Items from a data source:
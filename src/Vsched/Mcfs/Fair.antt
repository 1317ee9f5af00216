-- ===== src/Vsched/Mcfs/Fair.antt =====
-- No ready processor of a high criticality waits for ever.
use mathlib.Core.Bool.{true≢false}
use native.Mathlib.Nat.{mod-eq_of_lt, mod-eq-sub-mod}
use twan.Base.{
  ℕ, zero, suc, ◌+◌, ◌-◌, ◌%◌, ◌^◌, ◌≤◌, ◌<◌, ◌≡◌, ◌⊎◌, inl, inr, refl, sym, ap, ◌∙◌, true, ◌&&◌,
  arith, ltb, leb, if◌then◌else◌, dec_lt, ℕ_discrete,
}
use twan.Vsched.Vcpu.{Vcpus}
use twan.Vsched.Mcfs.{Vscheduler, is_ready, index_of, frame_at, vsched_pop}
use twan.Vsched.Mcfs.Pop.{high_at, ready_at, taken_at, Picked, high, low, idle, vsched_pop_lem}

-- The frames are few enough for the sums of `u32`s.
module _ (num_frames : ℕ) (few : num_frames < 2 ^ 31) where
  -- the rounds before frame `k` is looked at
  abbrev pub rounds_to : (clock k : ℕ) → ℕ
  rounds_to clock k = if leb clock k then k - clock else k + num_frames - clock

  index_of_lem :
      (clock i : ℕ)
      → clock ≤ num_frames
      → i < num_frames
      → index_of num_frames clock i
        ≡ (if ltb (clock + i) num_frames then clock + i else clock + i - num_frames)
  index_of_lem clock i c l =
      let whole : (clock + i) % 2 ^ 32 ≡ clock + i = omega (arith, few, c, l) in
      rw whole (elim (dec_lt (clock + i) num_frames) [
        | yes below ↦ ground (arith, mod-eq_of_lt below)
        | no over ↦
            let back : clock + i - num_frames < num_frames = omega (arith, c, l, over) in
            ground (arith, mod-eq-sub-mod (le_of_not over), mod-eq_of_lt back)
      ])
    where
      le_of_not : ¬ (clock + i < num_frames) → num_frames ≤ clock + i
      le_of_not h = omega (arith, h)

  -- the frame itself
  at_frame :
      (clock k : ℕ)
      → clock ≤ num_frames
      → k < num_frames
      → (rounds_to clock k < num_frames) × (index_of num_frames clock (rounds_to clock k) ≡ k)
  at_frame clock k c l =
      let near : rounds_to clock k < num_frames = ground (arith, c, l) in
      (near, index_of_lem clock (rounds_to clock k) c near ∙ ground (arith, c, l))

  -- After a pop of another processor, frame `k` is nearer.
  record Nearer (k : ℕ) (s t : Vscheduler) : Type 0 where
    pub clock_fits : t.clock ≤ num_frames
    pub same_frames : t.frames ≡ s.frames
    pub same_level : t.vcriticality_level ≡ s.vcriticality_level
    pub nearer : rounds_to t.clock k < rounds_to s.clock k

  module _ (vcpus : Vcpus) (s : Vscheduler) (k v : ℕ) (clock_fits : s.clock ≤ num_frames)
      (in_frames : k < num_frames) (frame : s.frames k ≡ v) (is_v_ready : is_ready vcpus v ≡ true)
      (is_v_high : leb s.vcriticality_level (vcpus v).criticality ≡ true) where
    v_at : frame_at num_frames vcpus s (rounds_to s.clock k) ≡ v
    v_at = ap s.frames (at_frame s.clock k clock_fits in_frames).1 ∙ frame

    high_v : high_at num_frames vcpus s (rounds_to s.clock k) ≡ true
    high_v =
        ap (λ a. is_ready vcpus a && leb s.vcriticality_level (vcpus a).criticality) v_at
        ∙ ground (arith, is_v_ready, is_v_high)

    ready_v : ready_at num_frames vcpus s (rounds_to s.clock k) ≡ true
    ready_v = ap (is_ready vcpus) v_at ∙ is_v_ready

    -- A round before that of frame `k` brings the clock nearer.
    step-Nearer : (i : ℕ) → i < rounds_to s.clock k → Nearer k s (taken_at num_frames vcpus s i).1
    step-Nearer i l =
        let in_row : i < num_frames =
          omega (arith, l, (at_frame s.clock k clock_fits in_frames).0) in
        let at = index_of_lem s.clock i clock_fits in_row in
        record {
          clock_fits = ground (arith, at, clock_fits, in_row);
          same_frames = refl;
          same_level = refl;
          nearer = ground (arith, at, clock_fits, in_row, l);
        }

    pop_step : (p : ℕ × Vscheduler) → Picked num_frames vcpus s p → (p.0 ≡ v) ⊎ Nearer k s p.1
    pop_step _ (high i first) = elim (ℕ_discrete i (rounds_to s.clock k)) [
      | yes e ↦ inl (ap (frame_at num_frames vcpus s) e ∙ v_at)
      | no ne ↦ elim (dec_lt (rounds_to s.clock k) i) [
        | yes past ↦ absurd (true≢false (sym high_v ∙ first.before (rounds_to s.clock k) past))
        | no before ↦ inr (step-Nearer i (omega (arith, ne, before)))
      ]
    ]
    pop_step _ (low i none first) = absurd (
        true≢false
          (sym high_v ∙ none (rounds_to s.clock k) (at_frame s.clock k clock_fits in_frames).0))
    pop_step _ (idle none) = absurd (
        true≢false
          (sym ready_v ∙ none (rounds_to s.clock k) (at_frame s.clock k clock_fits in_frames).0))

  -- the scheduler after `t` calls of `__vsched_pop`, where `world t` is what the call reads of the processors
  pub pops : (world : ℕ → Vcpus) (t : ℕ) → Vscheduler → Vscheduler
  pops world zero s = s
  pops world (suc t) s = pops (λ i. world (suc i)) t (vsched_pop num_frames (world 0) s).1

  -- A call that returns `v`, before `bound` calls.
  pub Taken : (world : ℕ → Vcpus) (v bound : ℕ) → Vscheduler → Type 0
  Taken world v bound s =
      (t : ℕ) × (t < bound) × ((vsched_pop num_frames (world t) (pops world t s)).0 ≡ v)

  Taken-weaken :
      (world : ℕ → Vcpus) (v b c : ℕ) (s : Vscheduler)
      → b ≤ c
      → Taken world v b s
      → Taken world v c s
  unfolding Taken
  Taken-weaken world v b c s l (t, below, e) = (t, omega (arith, l, below), e)

  fair_loop :
      (bound k v level : ℕ) (world : ℕ → Vcpus) (s : Vscheduler)
      → rounds_to s.clock k < bound
      → s.clock ≤ num_frames
      → k < num_frames
      → s.frames k ≡ v
      → s.vcriticality_level ≡ level
      → ((t : ℕ) → (is_ready (world t) v ≡ true) × (leb level (world t v).criticality ≡ true))
      → Taken world v bound s
  unfolding pops Taken
  fair_loop zero k v level world s near fits in_frames frame at stays = absurd (omega (arith, near))
  fair_loop (suc bound) k v level world s near fits in_frames frame at stays =
      elim (pop_step (world 0) s k v fits in_frames frame (stays 0).0 (rw at (stays 0).1) _
        (vsched_pop_lem num_frames (world 0) s)) [
          | inl e ↦ (0, omega arith, e)
          | inr n ↦
              let (t, below, e) =
                fair_loop bound k v level (λ i. world (suc i)) (vsched_pop num_frames (world 0) s).1
                  (omega (arith, near, n.nearer)) n.clock_fits in_frames
                  (ap (λ f. f k) n.same_frames ∙ frame) (n.same_level ∙ at) (λ i. stays (suc i)) in
              (suc t, omega (arith, below), e)
        ]

  -- With fewer than 2 ^ 31 frames and the clock in range: a processor that stands in a frame, and stays ready with a
  -- criticality of at least the level, is returned by one of the next `num_frames` calls of `__vsched_pop`,
  -- whatever becomes of the other processors in between.
  pub no_starvation :
      (k v : ℕ) (world : ℕ → Vcpus) (s : Vscheduler)
      → s.clock ≤ num_frames
      → k < num_frames
      → s.frames k ≡ v
      → ((t : ℕ)
          → (is_ready (world t) v ≡ true)
            × (leb s.vcriticality_level (world t v).criticality ≡ true))
      → Taken world v num_frames s
  no_starvation k v world s fits in_frames frame stays =
      fair_loop num_frames k v s.vcriticality_level world s (at_frame s.clock k fits in_frames).0
        fits in_frames frame refl stays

*INSTRUCTIONS TO FOLLOW*
Above are records; repeat only the lines starting at the line with "-- the scheduler" and ending at the line with "s.vcriticality_level ≡ level", exactly as they appear, both included.

*EXERCISE OUTPUT*
  -- the scheduler after `t` calls of `__vsched_pop`, where `world t` is what the call reads of the processors
  pub pops : (world : ℕ → Vcpus) (t : ℕ) → Vscheduler → Vscheduler
  pops world zero s = s
  pops world (suc t) s = pops (λ i. world (suc i)) t (vsched_pop num_frames (world 0) s).1

  -- A call that returns `v`, before `bound` calls.
  pub Taken : (world : ℕ → Vcpus) (v bound : ℕ) → Vscheduler → Type 0
  Taken world v bound s =
      (t : ℕ) × (t < bound) × ((vsched_pop num_frames (world t) (pops world t s)).0 ≡ v)

  Taken-weaken :
      (world : ℕ → Vcpus) (v b c : ℕ) (s : Vscheduler)
      → b ≤ c
      → Taken world v b s
      → Taken world v c s
  unfolding Taken
  Taken-weaken world v b c s l (t, below, e) = (t, omega (arith, l, below), e)

  fair_loop :
      (bound k v level : ℕ) (world : ℕ → Vcpus) (s : Vscheduler)
      → rounds_to s.clock k < bound
      → s.clock ≤ num_frames
      → k < num_frames
      → s.frames k ≡ v
      → s.vcriticality_level ≡ level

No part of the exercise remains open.